2. Let us cherish God’s gift of marriage. We do this by valuing marriage above individualism and by treasuring our spouse more than our career. Parents show that they cherish marriage when they love each other until death separates them. They also show the greatness of matrimony by talking to their children about marriage more often than they talk about what college Junior needs to get in to. Lisa and I wanted our three children to know that marriage is a covenant capable of moving heaven and earth. Two people enter into a bond, which gives definitive shape to the rest of their lives. Therefore we encouraged them from a very early age to prepare for marriage.
3. Let us patiently nudge our society toward celebrating this example of what theologians call common grace. God gave the gift of marriage to all people, to Christians, Muslims, Mormons, and secularists. Consider, too, that all cultures throughout all history have understood marriage to be about begetting and raising children. Therefore, marriage was reserved for couples whose body parts fit together by design and who, in all likelihood, would soon produce children. Hence, marriage has always been a restricted institution.
In our society, for example, most states prohibit first cousins from marrying. All states prohibit brothers from marrying their sisters and sons marrying their mothers, etc. And all states prohibit people from marrying more than one person. In other words, as Adam Kolasinski points out, Homosexuals, therefore, are not the only people to be denied the right to marry the person of their choosing.
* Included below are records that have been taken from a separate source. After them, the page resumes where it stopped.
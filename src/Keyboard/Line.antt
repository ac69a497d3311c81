-- ===== src/Keyboard/Line.antt =====
-- `keyboard_get_line` as an editor of a line over the keys that are typed.
use alpha_os.Prelude.{
  ℕ, zero, suc, ◌+◌, ◌-◌, ◌%◌, ◌≤◌, ◌<◌, ◌≡◌, refl, ap, ◌∙◌, sym, Bool, true, false, Option, none,
  some, List, [], ◌∷◌, ◌++◌, ◌^◌, arith, ltb, leb, ◌==◌, ◌||◌, ◌&&◌, not, if◌then◌else◌, length,
  length-append, length-take, take, inl, inr, Bool-cases, Option-cases, append-nil,
}
use alpha_os.CString.Spec.{Text}
use alpha_os.Console.{Console}
use alpha_os.Keyboard.{
  Keyboard, Reading, Typed, keyboard_available, keyboard_read, keyboard_poll, wait_key, edit_key,
  line_loop, keyboard_get_line,
}
use alpha_os.Keyboard.Queue.{
  IsRing, window, read_first, pending, decoded, keyboard_read-IsRing, keyboard_poll_lem,
  keyboard_poll-IsRing,
}

-- The keys of the readings.
abbrev pub keys : List Reading → List ℕ
keys [] = []
keys (r ∷ rs) = decoded r ++ keys rs

-- The line after a key; none where the key ends it.
abbrev pub edited : ℕ → Text → Option Text
edited c text =
    if (c == 10) || (c == 13)
    then none
    else if c == 8
    then some (take (length text - 1) text)
    else if leb 32 c && leb c 126
    then some (text ++ (c ∷ []))
    else some text

-- The line that the keys give, and the keys that are left; none where they do not end it.
abbrev pub edit : (limit : ℕ) → List ℕ → Text → Option (Text × List ℕ)
edit limit [] text = if ltb (length text) limit then none else some (text, [])
edit limit (c ∷ cs) text =
    if not (ltb (length text) limit)
    then some (text, c ∷ cs)
    else elim (edited c text) [ none ↦ some (text, cs) | some line ↦ edit limit cs line ]

-- All keys that are to come, those in the buffer first.
abbrev pub coming : Keyboard → List Reading → List ℕ
coming k rs = pending k ++ keys rs

abbrev pub ComingAfter : Option (Keyboard × List Reading) → List ℕ → Type 0
ComingAfter none cs = cs ≡ []
ComingAfter (some (k, rs)) cs = IsRing k × (coming k rs ≡ cs) × (keyboard_available k ≡ true)

pending-nil : (k : Keyboard) → IsRing k → keyboard_available k ≡ false → pending k ≡ []
unfolding keyboard_available
pending-nil k (hh, ht) not_ready = ap (window k.buffer k.tail) {y = 0} (ground arith)

-- Waiting loses no key, and ends without one only where none is to come.
wait_key_lem :
    (k : Keyboard) (rs : List Reading) → IsRing k → ComingAfter (wait_key k rs) (coming k rs)
unfolding wait_key
wait_key_lem k [] h = elim (Bool-cases (keyboard_available k)) [
  | inl ready ↦ rw ready (h, refl, ready)
  | inr not_ready ↦ rw (not_ready, append-nil (pending k)) (pending-nil k h not_ready)
]
wait_key_lem k (r ∷ rs) h = elim (Bool-cases (keyboard_available k)) [
  | inl ready ↦ rw ready (h, refl, ready)
  | inr not_ready ↦
      let empty = pending-nil k h not_ready in
      let polled : pending (keyboard_poll k r) ≡ decoded r =
        rw empty at (keyboard_poll_lem k r h) in
      let rest = wait_key_lem (keyboard_poll k r) rs (keyboard_poll-IsRing k r h) in
      rw (not_ready, empty, sym polled) rest
]

edit_key-edited :
    (c : ℕ) (text : Text) (s : Console)
    → edited c text ≡ elim (edit_key c text s) [ none ↦ none | some (line, t) ↦ some line ]
unfolding edit_key
edit_key-edited c text s = ground arith

edit-full :
    (limit : ℕ) (cs : List ℕ) (text : Text)
    → ltb (length text) limit ≡ false
    → edit limit cs text ≡ some (text, cs)
edit-full limit [] text h = rw h refl
edit-full limit (c ∷ cs) text h = rw h refl

edit-next :
    (limit c : ℕ) (cs : List ℕ) (text : Text)
    → ltb (length text) limit ≡ true
    → edit limit (c ∷ cs) text
      ≡ elim (edited c text) [ none ↦ some (text, cs) | some line ↦ edit limit cs line ]
edit-next limit c cs text h = rw h refl

edit-nil : (limit : ℕ) (text : Text) → ltb (length text) limit ≡ true → edit limit [] text ≡ none
edit-nil limit text h = rw h refl

-- The line and the keys that are left.
abbrev pub result_of : Option Typed → Option (Text × List ℕ)
result_of none = none
result_of (some t) = some (t.line, coming t.keyboard t.readings)

-- With more fuel than keys to come, the loop is the editor.
line_loop_lem :
    (fuel limit : ℕ) (t : Typed)
    → IsRing t.keyboard
    → length (coming t.keyboard t.readings) < fuel
    → result_of (line_loop fuel limit t) ≡ edit limit (coming t.keyboard t.readings) t.line
unfolding line_loop
line_loop_lem zero limit t ring enough = absurd (omega arith)
line_loop_lem (suc fuel) limit t ring enough = elim (Bool-cases (ltb (length t.line) limit)) [
  | inr full ↦ rw (full, edit-full limit (coming t.keyboard t.readings) t.line full) refl
  | inl room ↦ elim (Option-cases (wait_key t.keyboard t.readings)) [
    | inl ended ↦
        let nothing : coming t.keyboard t.readings ≡ [] =
          rw ended at (wait_key_lem t.keyboard t.readings ring) in
        rw (room, ended, nothing, edit-nil limit t.line room) refl
    | inr ((k, rs), found) ↦
        let (ring', same, ready) = rw found at (wait_key_lem t.keyboard t.readings ring) in
        let c : ℕ = (keyboard_read k).0 in
        let k' : Keyboard = (keyboard_read k).1 in
        let first : coming t.keyboard t.readings ≡ c ∷ coming k' rs =
          sym same ∙ ap (λ cs. cs ++ keys rs) (read_first k ring' ready) in
        elim (Option-cases (edit_key c t.line t.console)) [
          | inl ends ↦
              let stops : edited c t.line ≡ none =
                rw ends at (edit_key-edited c t.line t.console) in
              rw (room, found, ends, first, edit-next limit c (coming k' rs) t.line room, stops)
                refl
          | inr ((line, console), goes) ↦
              let typed : edited c t.line ≡ some line =
                rw goes at (edit_key-edited c t.line t.console) in
              let fewer : length (c ∷ coming k' rs) < suc fuel = rw first at enough in
              let next : Typed = record {
                line = line;
                keyboard = k';
                console = console;
                readings = rs;
              } in
              rw (room, found, goes, first, edit-next limit c (coming k' rs) t.line room, typed)
                (line_loop_lem fuel limit next (keyboard_read-IsRing k ring') (omega arith))
        ]
  ]
]

-- Whether a line has room in the buffer.
abbrev pub fits : ℕ → Option (Text × List ℕ) → Bool
fits limit none = true
fits limit (some (text, cs)) = leb (length text) limit

edited-fits :
    (limit c : ℕ) (text line : Text)
    → length text < limit
    → edited c text ≡ some line
    → length line ≤ limit
edited-fits limit c text line h e =
    ground (arith, length-append {0} text (c ∷ []), length-take {0} (length text - 1) text)

pub edit-fits :
    (limit : ℕ) (cs : List ℕ) (text : Text)
    → length text ≤ limit
    → fits limit (edit limit cs text) ≡ true
edit-fits limit [] text h = ground arith
edit-fits limit (c ∷ cs) text h = elim (Bool-cases (ltb (length text) limit)) [
  | inr full ↦ rw full (ground arith)
  | inl room ↦ elim (Option-cases (edited c text)) [
    | inl ends ↦ rw (room, ends) (ground arith)
    | inr (line, goes) ↦
        rw (room, goes)
          (edit-fits limit cs line (edited-fits limit c text line (ground arith) goes))
  ]
]

-- What the call returns: the result, the line and the keys that are left.
abbrev pub typed_of : Option (ℕ × Typed) → Option (ℕ × Text × List ℕ)
typed_of none = none
typed_of (some (n, t)) = some (n, t.line, coming t.keyboard t.readings)

abbrev pub measured : Option (Text × List ℕ) → Option (ℕ × Text × List ℕ)
measured none = none
measured (some (text, cs)) = some (length text, text, cs)

-- With more fuel than keys to come, from a ring with its indices in range and with a buffer that is
-- not empty, `keyboard_get_line` returns exactly where the keys that wait and those of the readings
-- end a line or fill the buffer but for its terminator, with the line that the editor makes of them
-- and its length, and leaves the other keys.
pub keyboard_get_line_lem :
    (fuel buffer_size : ℕ) (k : Keyboard) (s : Console) (rs : List Reading)
    → IsRing k
    → length (coming k rs) < fuel
    → 0 < buffer_size
    → buffer_size < 2 ^ 32
    → typed_of (keyboard_get_line fuel buffer_size k s rs)
      ≡ measured (edit (buffer_size - 1) (coming k rs) [])
unfolding keyboard_get_line
keyboard_get_line_lem fuel n k s rs ring enough some_room bound =
    let size : (n + 2 ^ 32 - 1) % 2 ^ 32 ≡ n - 1 = omega arith in
    let start : Typed = record { line = []; keyboard = k; console = s; readings = rs } in
    let loop = line_loop_lem fuel (n - 1) start ring enough in
    rw size (elim (Option-cases (line_loop fuel (n - 1) start)) [
      | inl ended ↦ rw ended (ap measured (rw ended at loop))
      | inr (t, ended) ↦ rw ended (ap measured (rw ended at loop))
    ])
What is behind these limitations on whom someone might choose to marry? Is it not to encourage the bearing of children and provide for their upbringing? Again, hear what Kolasinski says:
When a state recognizes a marriage, it bestows upon the couple certain benefits which are costly to both the state and other individuals. Collecting a deceased spouse’s social security, claiming an extra tax exemption for a spouse, and having the right to be covered under a spouse’s health insurance policy are just a few examples of the costly benefits associated with marriage. In a sense, a married couple receives a subsidy. Why? Because a marriage between two unrelated heterosexuals is likely to result in a family with children, and propagation of society is a compelling state interest. For this reason, states have, in varying degrees, restricted from marriage couples unlikely to produce children.
Marriage is in trouble in our society, and the Chick-fil-A inquisition is simply the most recent testimony to this tempest. Sailing through life without a moral compass, we as a culture are lost, and, worse, we don’t even know we are lost. The church must speak to this sorry state of affairs. We need to say, lovingly and patiently, that for a thousand reasons it is not a good idea for Mike to marry Mark. Their union can never be generative, and to pretend otherwise is, well, to pretend. We Christians need to say, with our lives and with our words, that lifelong heterosexual marriage is a gift worth preserving. We need to explain to our friends, coworkers, and neighbors that sex is designed for more than personal gratification. We need to contend, tenderly, that the laws of our land should respect the wisdom of the ages. May God help us.